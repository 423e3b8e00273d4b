-- ===== src/Stack/Interleaved/Knowledge.antt =====
-- lab3/Stack.c: what each thread may rely on at each place of `stack_push` and `stack_pop`, whatever
-- the others do.
use distibuted_sys.Base.{
  ℕ, ◌<◌, ◌≤◌, ◌≡◌, ◌≢◌, Bool, true, false, some, none, List, [], ◌∷◌, ltb, ◌==◌, arith, inl, inr,
  Bool-cases, refl, if◌then◌else◌,
}
use distibuted_sys.Stack.{Ptr, null}
use distibuted_sys.Stack.Hazard.{max_hazard_pointers}
use distibuted_sys.Stack.Interleaved.{
  Shared, Behind, counting, cleaning, Place, idle, allocates, loads_head, links, swaps_in,
  push_ends, loads_old, protects, checks, reads_next, swaps_out, clears, fails, copies, counts,
  resets, pop_ends, loads_reclaim, links_reclaim, swaps_reclaim, takes, cleans, scans, push, pop,
  Answer, pushed, popped,
}
use distibuted_sys.Stack.Interleaved.Zones.{Zone, free, stacked, limbo, held, chained, used, Shape}
use distibuted_sys.Stack.Interleaved.Atomic.{Stage, ready, invoked, responded}

-- The rest of the list that a thread has taken to clean.
abbrev pub chain_behind : Behind → Ptr
chain_behind (counting v) = null
chain_behind (cleaning next v) = next

abbrev pub chain_of : Place → Ptr
chain_of (loads_reclaim p k) = chain_behind k
chain_of (links_reclaim p r k) = chain_behind k
chain_of (swaps_reclaim p k) = chain_behind k
chain_of (cleans current v) = current
chain_of (scans current next hp_i v) = next
chain_of _ = null

abbrev pub root : Ptr → Ptr → (ℕ → Place) → Zone → Ptr
root head to_reclaim place stacked = head
root head to_reclaim place limbo = to_reclaim
root head to_reclaim place (chained i) = chain_of (place i)
root head to_reclaim place free = null
root head to_reclaim place (held i) = null

-- The one node that the thread works on.
abbrev pub node_of : Place → Ptr
node_of (loads_head p c) = p
node_of (links p top c) = p
node_of (swaps_in p top c) = p
node_of (clears old) = old
node_of (copies old) = old
node_of (loads_reclaim p k) = p
node_of (links_reclaim p r k) = p
node_of (swaps_reclaim p k) = p
node_of (scans current next hp_i v) = current
node_of _ = null

-- The node that the thread holds is new, or it has found that hazard pointer `i` is not on it.
abbrev pub passed : Place → ℕ → Bool
passed (loads_head p c) i = true
passed (links p top c) i = true
passed (swaps_in p top c) i = true
passed (scans current next hp_i v) i = ltb i hp_i
passed _ i = false

-- Hazard pointer `i` has been on `p` since before `p` left the stack.
pub record Guarded (hazard : ℕ → Ptr) (place : ℕ → Place) (zone : Ptr → Zone) (i : ℕ) (p : Ptr)
    : Type 0 where
  pub bound : i < max_hazard_pointers
  pub pointed : hazard i ≡ p
  pub is_used : used (zone p) ≡ true
  pub seen : (u : ℕ) → zone p ≡ held u → passed (place u) i ≡ false

abbrev pub behind_answer : Behind → Answer
behind_answer (counting v) = popped (some v)
behind_answer (cleaning next v) = popped (some v)

abbrev pub stage_of : (Ptr → ℕ) → Place → Stage
stage_of value idle = ready
stage_of value (allocates v) = invoked (push v)
stage_of value (loads_head p c) = invoked (push (value p))
stage_of value (links p top c) = invoked (push (value p))
stage_of value (swaps_in p top c) = invoked (push (value p))
stage_of value (push_ends r) = responded (pushed r)
stage_of value loads_old = invoked pop
stage_of value (protects old) = invoked pop
stage_of value (checks tmp) = invoked pop
stage_of value (reads_next old) = invoked pop
stage_of value (swaps_out old next) = invoked pop
stage_of value (clears old) = responded (popped (if old == null then none else some (value old)))
stage_of value fails = responded (popped none)
stage_of value (copies old) = responded (popped (some (value old)))
stage_of value (counts v) = responded (popped (some v))
stage_of value (resets v) = responded (popped (some v))
stage_of value (pop_ends o) = responded (popped o)
stage_of value (loads_reclaim p k) = responded (behind_answer k)
stage_of value (links_reclaim p r k) = responded (behind_answer k)
stage_of value (swaps_reclaim p k) = responded (behind_answer k)
stage_of value (takes v) = responded (popped (some v))
stage_of value (cleans current v) = responded (popped (some v))
stage_of value (scans current next hp_i v) = responded (popped (some v))

-- `P` is the place of thread `i`.
abbrev pub Knows : (Ptr → Ptr) → (ℕ → Ptr) → (ℕ → Place) → (Ptr → Zone) → ℕ → Place → Type 0
Knows next hazard place zone i (loads_head p c) = zone p ≡ held i
Knows next hazard place zone i (links p top c) = zone p ≡ held i
Knows next hazard place zone i (swaps_in p top c) = (zone p ≡ held i) × (next p ≡ top)
Knows next hazard place zone i (checks tmp) = hazard i ≡ tmp
Knows next hazard place zone i (reads_next old) = Guarded hazard place zone i old
Knows next hazard place zone i (swaps_out old n) =
    Guarded hazard place zone i old × (zone old ≡ stacked → next old ≡ n)
Knows next hazard place zone i (clears old) = old ≢ null → zone old ≡ held i
Knows next hazard place zone i (copies old) = zone old ≡ held i
Knows next hazard place zone i (loads_reclaim p k) = zone p ≡ held i
Knows next hazard place zone i (links_reclaim p r k) = zone p ≡ held i
Knows next hazard place zone i (swaps_reclaim p k) = zone p ≡ held i
Knows next hazard place zone i (scans current n hp_i v) = zone current ≡ held i
Knows next hazard place zone i _ = Unit

-- The values on the stack from `p` on.
abbrev pub Lists : (Ptr → Ptr) → (Ptr → ℕ) → (Ptr → Zone) → Ptr → List ℕ → Type 0
Lists next value zone p [] = p ≡ null
Lists next value zone p (v ∷ vs) =
    (p ≢ null) × (zone p ≡ stacked) × (value p ≡ v) × Lists next value zone (next p) vs

-- From some address on, none is in use.
abbrev pub Limited : (Ptr → Zone) → Type 0
Limited zone = (n : ℕ) × ((p : Ptr) → n ≤ p → zone p ≡ free)

pub record Inv (s : Shared) (place : ℕ → Place) (zone : Ptr → Zone) (vs : List ℕ) : Type 0 where
  pub shape : Shape s.allocated s.next (root s.head s.to_reclaim place) zone
  pub knows : (i : ℕ) → Knows s.next s.hazard place zone i (place i)
  pub holds : (i : ℕ) (p : Ptr) → zone p ≡ held i → node_of (place i) ≡ p
  pub limited : Limited zone
  pub lists : Lists s.next s.value zone s.head vs

-- What a step of thread `i` leaves as it was for thread `j`.
pub record Keeps (s s' : Shared) (place place' : ℕ → Place) (zone zone' : Ptr → Zone) (j : ℕ)
    : Type 0 where
  pub hazard_kept : s'.hazard j ≡ s.hazard j
  pub held_kept : (p : Ptr) → zone p ≡ held j → zone' p ≡ held j
  pub held_only : (p : Ptr) → zone' p ≡ held j → zone p ≡ held j
  pub next_kept : (p : Ptr) → zone p ≡ held j → s'.next p ≡ s.next p
  pub value_kept : (p : Ptr) → zone p ≡ held j → s'.value p ≡ s.value p
  pub guard_kept : (p : Ptr) → Guarded s.hazard place zone j p → Guarded s'.hazard place' zone' j p
  pub stacked_kept :
      (p : Ptr)
      → Guarded s.hazard place zone j p
      → zone' p ≡ stacked
      → (zone p ≡ stacked) × (s'.next p ≡ s.next p)

module _ (s s' : Shared) (place place' : ℕ → Place) (zone zone' : Ptr → Zone) (j : ℕ)
    (k : Keeps s s' place place' zone zone' j) where
  pub Knows-kept :
      (P : Place) → Knows s.next s.hazard place zone j P → Knows s'.next s'.hazard place' zone' j P
  Knows-kept (loads_head p c) h = k.held_kept p h
  Knows-kept (links p top c) h = k.held_kept p h
  Knows-kept (swaps_in p top c) h = (k.held_kept p h.0, rw (k.next_kept p h.0) h.1)
  Knows-kept (checks tmp) h = rw k.hazard_kept h
  Knows-kept (reads_next old) h = k.guard_kept old h
  Knows-kept (swaps_out old n) h =
      (k.guard_kept old h.0, λ e. ground (arith, k.stacked_kept old h.0 e, h.1))
  Knows-kept (clears old) h = λ e. k.held_kept old (h e)
  Knows-kept (copies old) h = k.held_kept old h
  Knows-kept (loads_reclaim p b) h = k.held_kept p h
  Knows-kept (links_reclaim p r b) h = k.held_kept p h
  Knows-kept (swaps_reclaim p b) h = k.held_kept p h
  Knows-kept (scans current n hp_i v) h = k.held_kept current h
  Knows-kept _ h = tt

  pub stage_of-kept :
      (P : Place) → Knows s.next s.hazard place zone j P → stage_of s'.value P ≡ stage_of s.value P
  stage_of-kept (loads_head p c) h = rw (k.value_kept p h) refl
  stage_of-kept (links p top c) h = rw (k.value_kept p h) refl
  stage_of-kept (swaps_in p top c) h = rw (k.value_kept p h.0) refl
  stage_of-kept (clears old) h = elim (Bool-cases (old == null)) [
    | inl e ↦ rw e refl
    | inr e ↦ rw (e, k.value_kept old (h (ground arith))) refl
  ]
  stage_of-kept (copies old) h = rw (k.value_kept old h) refl
  stage_of-kept _ h = refl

------------

### Exercise directions
From the first line of the data above through the line containing "node_of (loads_reclaim p k) = p", set each line down again exactly; include both ends and omit everything else.

### Finished task
repository 423e3b8e00273d4b
-- ===== src/Stack/Interleaved/Knowledge.antt =====
-- lab3/Stack.c: what each thread may rely on at each place of `stack_push` and `stack_pop`, whatever
-- the others do.
use distibuted_sys.Base.{
  ℕ, ◌<◌, ◌≤◌, ◌≡◌, ◌≢◌, Bool, true, false, some, none, List, [], ◌∷◌, ltb, ◌==◌, arith, inl, inr,
  Bool-cases, refl, if◌then◌else◌,
}
use distibuted_sys.Stack.{Ptr, null}
use distibuted_sys.Stack.Hazard.{max_hazard_pointers}
use distibuted_sys.Stack.Interleaved.{
  Shared, Behind, counting, cleaning, Place, idle, allocates, loads_head, links, swaps_in,
  push_ends, loads_old, protects, checks, reads_next, swaps_out, clears, fails, copies, counts,
  resets, pop_ends, loads_reclaim, links_reclaim, swaps_reclaim, takes, cleans, scans, push, pop,
  Answer, pushed, popped,
}
use distibuted_sys.Stack.Interleaved.Zones.{Zone, free, stacked, limbo, held, chained, used, Shape}
use distibuted_sys.Stack.Interleaved.Atomic.{Stage, ready, invoked, responded}

-- The rest of the list that a thread has taken to clean.
abbrev pub chain_behind : Behind → Ptr
chain_behind (counting v) = null
chain_behind (cleaning next v) = next

abbrev pub chain_of : Place → Ptr
chain_of (loads_reclaim p k) = chain_behind k
chain_of (links_reclaim p r k) = chain_behind k
chain_of (swaps_reclaim p k) = chain_behind k
chain_of (cleans current v) = current
chain_of (scans current next hp_i v) = next
chain_of _ = null

abbrev pub root : Ptr → Ptr → (ℕ → Place) → Zone → Ptr
root head to_reclaim place stacked = head
root head to_reclaim place limbo = to_reclaim
root head to_reclaim place (chained i) = chain_of (place i)
root head to_reclaim place free = null
root head to_reclaim place (held i) = null

-- The one node that the thread works on.
abbrev pub node_of : Place → Ptr
node_of (loads_head p c) = p
node_of (links p top c) = p
node_of (swaps_in p top c) = p
node_of (clears old) = old
node_of (copies old) = old
node_of (loads_reclaim p k) = p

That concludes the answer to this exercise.